Comme François Hollande avant lui, l'actuel président de la République garde en tête le discours prononcé par Nicolas Sarkozy à Dakar, en 2007 au cours duquel il avait déclaré que "le drame de l'Afrique" venait du fait que "l'homme africain n'(était) pas assez rentré dans l'Histoire". Ce discours, rédigé par Henri Guaino, avait suscité un tollé, et entraîné une polémique sur le regard porté par la France sur le continent et ses anciennes colonies.

La "nouvelle génération" comme mot d'ordre 

Par ailleurs, Emmanuel Macron a martelé le mot "génération". La jeunesse africaine était le destinataire principal de son discours, donné face à 800 étudiants de l'université de Ouagadougou, qui l'ont applaudi à plusieurs reprises.
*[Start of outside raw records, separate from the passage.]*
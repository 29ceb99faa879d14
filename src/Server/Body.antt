-- ===== src/Server/Body.antt =====
-- The body of a request: `readObject` of cmd/medb/protocol.go up to its checks of the fields, which are
-- `check_fields` of Fields. The header parser and the JSON decoder of Go's packages are the record
-- `BodyReader`, a parameter; a request's body is what its connection brings.
pub mod Accepted
mod Tests
use medb.Base.{
  ◌≡◌, ◌≢◌, refl, ap, sym, ◌∙◌, ◌≤◌, ◌⊎◌, inl, inr, ℕ, Bool, Bool-cases, true, false, ◌&&◌, ◌||◌,
  not, Option, Option-cases, none, some, List, [], ◌∷◌, ◌==◌, ltb, leb, arith, Bytes, bytes,
  bytes_eq, bytes_eq_iff, bytes_eq_refl, is_empty, is_some, Map, lookup, lookup-insert, lookup-nil,
  insert, keys, any_of, length, if◌then◌else◌,
}
use medb.Db.Opening.{ℤ, pos, negsuc}
use medb.Server.{Host}
use medb.Server.Fields.{
  ApiFailure, fail_invalid_json, fail_invalid_request, fail_request_too_large, fail_media_type,
  Checked, Checked-cases, good, fail, Fields, check_fields,
}
use medb.Server.Unicode.{valid_json_unicode}
use medb.Server.Handlers.{read_object}

-- What `readObject` reads of a request: two headers, the length that is announced (-1 if none is), and
-- the bytes that come, with whether the connection breaks after them.
pub record Incoming : Type 0 where
  pub content_encoding : Bytes
  pub content_type : Bytes
  pub content_length : ℤ
  pub sent : Bytes
  pub broken : Bool

-- What the decoder gives after the opening brace, one call after another: a name and a value; a token
-- that is an error or no string; a name whose value is an error; the closing token or its error.
pub data Members : Type 0 where
  member : Bytes → Bytes → Members → Members
  bad_token : Members
  bad_value : Bytes → Members
  closing : Members
  bad_closing : Members

pub record BodyReader : Type 0 where
  -- the media type of mime.ParseMediaType
  pub media_type : Bytes → Option Bytes
  -- json.Valid
  pub valid_json : Bytes → Bool
  -- the calls of a json.Decoder; none where the first token is no opening brace
  pub decode : Bytes → Option Members

-- `r.ContentLength > maxBytes`
unfoldable pub longer_than : ℤ → ℕ → Bool
longer_than (pos n) limit = ltb limit n
longer_than (negsuc n) limit = false

-- io.ReadAll of a http.MaxBytesReader
unfoldable pub read_all : ℕ → Incoming → Checked Bytes
read_all limit r =
    if ltb limit (length r.sent)
    then fail fail_request_too_large
    else if r.broken
    then fail fail_invalid_json
    else good r.sent

-- The loop over `decoder.More()`, with the token after it.
unfoldable pub collect : Fields → Members → Checked Fields
collect fields closing = good fields
collect fields bad_closing = fail fail_invalid_json
collect fields bad_token = fail fail_invalid_json
collect fields (bad_value name) =
    if is_some (lookup name fields) then fail fail_invalid_request else fail fail_invalid_json
collect fields (member name raw rest) =
    let more = collect (insert name raw fields) rest in
    if is_some (lookup name fields) then fail fail_invalid_request else more

unfoldable pub starts_object : Bytes → Bool
starts_object [] = false
starts_object (c ∷ rest) = c == b'{'

module _ (h : Host) (reader : BodyReader) where
  unfoldable pub passes_unicode : Bytes → Bool
  passes_unicode body = elim (valid_json_unicode body) [ none ↦ false | some ok ↦ ok ]

  -- From the bytes of the body on.
  unfoldable pub decode_object : Bytes → Checked Fields
  unfolding passes_unicode starts_object
  decode_object body =
      if is_empty body
        || (not (h.valid_utf8 body) || (not (passes_unicode body) || not (reader.valid_json body)))
      then fail fail_invalid_json
      else if not (starts_object (h.trim_space body))
      then fail fail_invalid_json
      else elim (reader.decode (h.trim_space body)) [
        | none ↦ fail fail_invalid_json
        | some members ↦ collect [] members
      ]

  unfoldable pub decode_body : ℕ → Incoming → Checked Fields
  unfolding longer_than read_all decode_object
  decode_body limit r =
      if not (is_empty r.content_encoding)
      then fail fail_media_type
      else elim (reader.media_type r.content_type) [
        | none ↦ fail fail_media_type
        | some media ↦
            if not (bytes_eq media (bytes "application/json"))
            then fail fail_media_type
            else if longer_than r.content_length limit
            then fail fail_request_too_large
            else elim (read_all limit r) [ fail f ↦ fail f | good body ↦ decode_object body ]
      ]

-- The decoder's calls on an object with these members.
unfoldable pub spell : Map Bytes → Members
spell [] = closing
spell ((name, raw) ∷ rest) = member name raw (spell rest)

-- No name stands twice.
abbrev pub AreDistinct : List Bytes → Type 0
AreDistinct [] = Unit
AreDistinct (name ∷ rest) = (any_of (λ n. bytes_eq n name) rest ≡ false) × AreDistinct rest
Devant eux, le président français s'est présenté comme le représentant d'une génération pour laquelle "les crimes de la colonisation européenne sont incontestables". 

"Je suis d’une génération qui n’a jamais connu l’Afrique coloniale. Je suis d’une génération dont un des plus beaux souvenirs politiques est la victoire de Nelson Mandela sur l’apartheid", a ainsi déclaré le chef de l'Etat, ajoutant encore être "d'une génération où on ne dit pas à l’Afrique ce qu’elle doit faire". 

Une manière de tourner la page des politiques menées jusqu'alors par la France en Afrique, et d'entamer un nouveau chapitre dans les relations entre l'Hexagone et le continent. 

Pour Serge Michel, rédacteur en chef du Monde Afrique, Emmanuel Macron "joue de sa propre jeunesse" face aux étudiants africains. "Il y a une vraie rupture sur le fond du discours. C'est un président modeste qui s'est présenté, qui a notamment demandé aux Africains de lui montrer le chemin. Il y a cette rupture de méthode et de discours qui est assez sensible, par rapport aux précédents discours présidentiels français" en Afrique. 

Un ton condescendant?

Tout en démontrant sa volonté de ne pas nier les grands enjeux, Emmanuel Macron s'est montré très à l'aise, tout au long de son discours, mais aussi lors de la session de questions-réponses d'une heure qui a suivi. Trop à l'aise selon certains, qui lui ont reproché un ton quelque peu condescendant, voire paternaliste, dans sa façon de s'adresser aux étudiants burkinabés.

"Il y a eu parfois un excès de familiarité et une pratique du tutoiement presque systématique qui n'était peut être pas la meilleure façon de dialoguer avec ces étudiants", fait remarquer Thierry Arnaud, chef du service politique de BFMTV.

"Je pense que c'est assez bien passé, en tout cas c'est bien passé auprès des étudiants qui étaient présents dans l'amphithéâtre", fait valoir Serge Michel.

"Surtout, on a l'impression que le président a entendu certains membres de son conseil présidentiel pour l'Afrique, notamment sur l'importance des questions mémorielles. Pour les Africains, c'est très important. Sur la question de la déclassification des documents français concernant l'assassinat de l'ancien président Sankara, de la restitution des œuvres d'art, ou encore du franc CFA, on a l'impression qu'il s'est affranchi d'un certain nombre de tabous, ce qui permet d'établir une communication assez différente avec les jeunes Africains", analyse le rédacteur en chef du Monde Afrique.